START Provided records
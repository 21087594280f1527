-- ===== src/Evaluator/Replay.antt =====
-- The intervention replay of sidecar/autoskill/services/evaluator.py: its verdict and its metrics.
use skill_kernel.Base.{
  String, Bool, List, Json, Py, returned, ◌>>=◌, false, not, ◌&&◌, ◌||◌, [], ◌∷◌, Option, none,
  some, if◌then◌else◌, Fields, Float, get, dict_of, is_dict_empty,
}
use skill_kernel.Evaluator.Runtime.{
  Runtime, Probe, ProbeEvaluation, Status, result, truthy, optional_float, first_float,
}

pub record ReplayMetrics : Type 0 where
  pub utility_delta : Float
  pub token_delta : Float

module _ (rt : Runtime) where
  -- `a is not None and b is not None and a < b`
  abbrev pub both_less : Option Float → Option Float → Bool
  both_less (some a) (some b) = rt.less a b
  both_less _ _ = false

  -- `improved_success or reduced_retries or reduced_latency`
  unfoldable pub outperforms : Fields → Fields → Py Bool
  outperforms no_skill skill_visible =
      let no_skill_success : Bool = truthy rt (get "success" no_skill) in
      let skill_success : Bool = truthy rt (get "success" skill_visible) in
      optional_float rt (get "retries" no_skill) >>= λ no_skill_retries.
      optional_float rt (get "retries" skill_visible) >>= λ skill_retries.
      optional_float rt (get "latency_ms" no_skill) >>= λ no_skill_latency.
      optional_float rt (get "latency_ms" skill_visible) >>= λ skill_latency. returned (
        (skill_success && not no_skill_success)
        || (skill_success && both_less skill_retries no_skill_retries)
        || (skill_success && both_less skill_latency no_skill_latency))

  abbrev pub replay_verdict : Probe → Option String → Bool → ProbeEvaluation
  replay_verdict probe executor better =
      if better
      then result probe Status.passed (rt.milli 1000)
          "skill-visible replay outperformed no-skill control" executor
      else result probe Status.failed (rt.milli 0)
          "skill-visible replay did not improve on no-skill control" executor

  unfoldable pub evaluate_intervention_replay : Probe → Fields → Option String → Py ProbeEvaluation
  evaluate_intervention_replay probe replay executor =
      let no_skill : Fields = dict_of (get "no_skill" replay) in
      let skill_visible : Fields = dict_of (get "skill_visible" replay) in
      if is_dict_empty no_skill || is_dict_empty skill_visible
      then returned (
          result probe Status.needs_intervention (rt.milli 500)
            "intervention replay requires no-skill and skill-visible outcomes" executor)
      else outperforms no_skill skill_visible >>= λ better.
          returned (replay_verdict probe executor better)

  -- `max(0.0, x)` and `min(0.1, x)`
  abbrev at_least_zero : Float → Float
  at_least_zero x = if rt.less (rt.milli 0) x then x else rt.milli 0

  abbrev at_most_tenth : Float → Float
  at_most_tenth x = if rt.less x (rt.milli 100) then x else rt.milli 100

  abbrev success_value : Json → Float
  success_value v = if truthy rt v then rt.milli 1000 else rt.milli 0

  -- `utility += max(0.0, a - b) * weight`, where both are given.
  abbrev gain : Float → Option Float → Option Float → Float → Float
  gain weight (some a) (some b) utility =
      rt.add utility (rt.mul (at_least_zero (rt.sub a b)) weight)
  gain weight _ _ utility = utility

  abbrev latency_gain : Option Float → Option Float → Float → Float
  latency_gain (some a) (some b) utility =
      if rt.less (rt.milli 0) a && rt.less b a
      then rt.add utility (at_most_tenth (rt.mul (rt.div (rt.sub a b) a) (rt.milli 100)))
      else utility
  latency_gain _ _ utility = utility

  unfoldable pub derived_utility : Fields → Fields → Py Float
  derived_utility no_skill skill_visible =
      let utility : Float =
        rt.sub (success_value (get "success" skill_visible))
          (success_value (get "success" no_skill)) in
      optional_float rt (get "retries" no_skill) >>= λ no_skill_retries.
      optional_float rt (get "retries" skill_visible) >>= λ skill_retries.
      optional_float rt (get "latency_ms" no_skill) >>= λ no_skill_latency.
      optional_float rt (get "latency_ms" skill_visible) >>= λ skill_latency.
      optional_float rt (get "tool_errors" no_skill) >>= λ no_skill_errors.
      optional_float rt (get "tool_errors" skill_visible) >>= λ skill_errors. returned (
        gain (rt.milli 100) no_skill_errors skill_errors (
          latency_gain no_skill_latency skill_latency
            (gain (rt.milli 50) no_skill_retries skill_retries utility)))

  abbrev pub token_counts : Fields → List Json
  token_counts run =
      get "tokens" run
      ∷ get "token_count" run
      ∷ get "total_tokens" run
      ∷ get "context_tokens" run
      ∷ []

  abbrev pub utility_deltas : Fields → Fields → List Json
  utility_deltas replay skill_visible =
      get "utility_delta" replay
      ∷ get "marginal_utility_delta" replay
      ∷ get "utility_delta" skill_visible
      ∷ get "marginal_utility_delta" skill_visible
      ∷ []

  abbrev difference : Option Float → Option Float → Float
  difference (some a) (some b) = rt.sub a b
  difference _ _ = rt.milli 0

  -- The explicit delta, or else the derived one.
  abbrev pub utility_or_derived : Fields → Fields → Option Float → Py Float
  utility_or_derived no_skill skill_visible (some explicit) = returned explicit
  utility_or_derived no_skill skill_visible none = derived_utility no_skill skill_visible

  unfoldable pub intervention_replay_metrics : Fields → Py ReplayMetrics
  intervention_replay_metrics replay =
      let no_skill : Fields = dict_of (get "no_skill" replay) in
      let skill_visible : Fields = dict_of (get "skill_visible" replay) in
      first_float rt (utility_deltas replay skill_visible) >>= λ explicit.
      first_float rt (token_counts no_skill) >>= λ no_skill_tokens.
      first_float rt (token_counts skill_visible) >>= λ skill_tokens.
      utility_or_derived no_skill skill_visible explicit >>= λ utility.
      returned
        (record { utility_delta = utility; token_delta = difference skill_tokens no_skill_tokens })
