-- ===== src/Evaluator/Probes.antt =====
-- `_evaluate_probe` and the evaluation of each kind of probe.
use Prim.Native.String.{◌++◌ as append_text}
use skill_kernel.Base.{
  pos, ℤ, ltb_ℤ, String, str_eq, not, ◌||◌, List, [], ◌∷◌, map, Option, take, filterb, any, all,
  length, is_empty, if◌then◌else◌, Fields, object, get, dict_of, is_dict_empty, Py, returned, ◌>>=◌,
}
use skill_kernel.Scanner.Scan.{ScannerFinding, is_blocking, scan_text}
use skill_kernel.Evaluator.Runtime.{
  Runtime, Probe, ProbeEvaluation, Status, result, truthy, elements, int_of,
}
use skill_kernel.Evaluator.Replay.{evaluate_intervention_replay}

-- `"\n".join(...)` and `", ".join(...)`
abbrev joined_by : String → List String → String
joined_by sep [] = ""
joined_by sep (s ∷ []) = s
joined_by sep (s ∷ t ∷ ts) = append_text s (append_text sep (joined_by sep (t ∷ ts)))

abbrev required_sections : List String
required_sections = "applicability" ∷ "steps" ∷ "verification" ∷ "failure_handling" ∷ "never" ∷ []

-- `risky_terms[:3]` and `risky_terms[3:]`
abbrev secret_terms : List String
secret_terms = "secret" ∷ "token" ∷ "password" ∷ []

abbrev risky_terms : List String
risky_terms = "curl" ∷ "wget" ∷ "| bash" ∷ "activate skills" ∷ []

abbrev forbidden_phrases : List String
forbidden_phrases =
    "ignore all previous instructions" ∷ "ignore previous instructions" ∷ "bypass policy"
    ∷ "conceal this behavior" ∷ "hide this behavior" ∷ "exfiltrate" ∷ []

abbrev finding_code : ScannerFinding → String
finding_code f = f.code

module _ (rt : Runtime) (skill_ir : Fields) (executor : Option String) where
  abbrev failure : Probe → String → ProbeEvaluation
  failure probe reason = result probe Status.failed (rt.milli 0) reason executor

  abbrev success : Probe → String → ProbeEvaluation
  success probe reason = result probe Status.passed (rt.milli 1000) reason executor

  unfoldable pub evaluate_target_probe : Probe → Fields → Py ProbeEvaluation
  evaluate_target_probe probe spec = elements rt (get "evidence_ids" skill_ir) >>= λ evidence_ids.
      elements rt (get "evidence_ids" spec) >>= λ probe_evidence. returned (
        if is_empty evidence_ids || is_empty probe_evidence
        then failure probe "missing cited evidence"
        else if not (all (λ section. truthy rt (get section skill_ir)) required_sections)
        then failure probe "missing required SkillIR sections"
        else success probe "candidate is traceable to evidence and has required runtime sections")

  unfoldable pub evaluate_no_skill_probe : Probe → Fields → Fields → Py ProbeEvaluation
  evaluate_no_skill_probe probe spec expected =
      if not (truthy rt (get "evidence_ids" spec))
      then returned (failure probe "missing baseline evidence")
      else if not (is_dict_empty (dict_of (get "intervention_replay" spec)))
      then evaluate_intervention_replay rt probe (dict_of (get "intervention_replay" spec)) executor
      else if truthy rt (get "candidate_must_improve_or_reduce_retries" expected)
      then returned (
          result probe Status.needs_intervention (rt.milli 500)
            "requires future skill-visible versus no-skill comparison" executor)
      else returned (success probe "no-skill control recorded")

  -- A probe is failed in the order of the tests; the list of `never` is read before them.
  unfoldable pub evaluate_regression_probe : Probe → Fields → Py ProbeEvaluation
  evaluate_regression_probe probe spec = elements rt (get "never" skill_ir) >>= λ never_items.
      let never : String = rt.lower (joined_by "\n" (map rt.str_of never_items)) in
      returned (
        if not (truthy rt (get "do_not_use_when" skill_ir))
        then failure probe "missing do-not-use boundaries"
        else if any (λ term. rt.contains term never) secret_terms
        then success probe "explicit secret boundary present"
        else if any (λ term. rt.contains term (rt.lower (rt.str_of (object skill_ir)))) risky_terms
        then failure probe "risky runtime instruction detected"
        else if not (truthy rt (get "checks" spec))
        then failure probe "missing regression checks"
        else success probe "scope and risk boundaries are present")

  abbrev critical_findings : String → List ScannerFinding
  critical_findings text = filterb is_blocking (scan_text rt.matcher text)

  abbrev forbidden_in : String → List String
  forbidden_in lowered = filterb (λ phrase. rt.contains phrase lowered) forbidden_phrases

  abbrev within_budget : Probe → ℤ → List ScannerFinding → ProbeEvaluation
  within_budget probe budget critical =
      if ltb_ℤ budget (pos (length critical))
      then failure probe (
          append_text "adversarial scanner findings exceed budget: "
            (joined_by ", " (map finding_code (take 5 critical))))
      else success probe "no critical adversarial scanner findings"

  -- A phrase fails the probe before the scan is looked at.
  abbrev pub by_phrases : Probe → ℤ → List ScannerFinding → List String → ProbeEvaluation
  by_phrases probe budget critical [] = within_budget probe budget critical
  by_phrases probe budget critical (phrase ∷ _) =
      failure probe (append_text "adversarial forbidden phrase detected: " phrase)

  unfoldable pub evaluate_adversarial_probe : Probe → Fields → Py ProbeEvaluation
  evaluate_adversarial_probe probe expected =
      int_of rt (get "adversarial_critical_budget" expected) >>= λ budget.
      let text : String =
        append_text (rt.str_of (object skill_ir)) (append_text "\n" probe.formatted) in
      returned (by_phrases probe budget (critical_findings text) (forbidden_in (rt.lower text)))

  unfoldable pub evaluate_probe : Probe → Py ProbeEvaluation
  evaluate_probe probe =
      let spec : Fields = dict_of probe.spec in
      let expected : Fields = dict_of probe.expected in
      if str_eq probe.kind "target"
      then evaluate_target_probe probe spec
      else if str_eq probe.kind "regression"
      then evaluate_regression_probe probe spec
      else if str_eq probe.kind "adversarial"
      then evaluate_adversarial_probe probe expected
      else if str_eq probe.kind "no_skill_control"
      then evaluate_no_skill_probe probe spec expected
      else returned (failure probe (append_text "unknown probe kind: " probe.kind))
END Provided records
Problem statement ▸
From the entries above, extract only the lines running from the one containing "unfoldable pub evaluate_adversarial_probe" through the one containing "append_text (rt.str_of (object", inclusive.

Answer to this exercise ▸
  unfoldable pub evaluate_adversarial_probe : Probe → Fields → Py ProbeEvaluation
  evaluate_adversarial_probe probe expected =
      int_of rt (get "adversarial_critical_budget" expected) >>= λ budget.
      let text : String =
        append_text (rt.str_of (object skill_ir)) (append_text "\n" probe.formatted) in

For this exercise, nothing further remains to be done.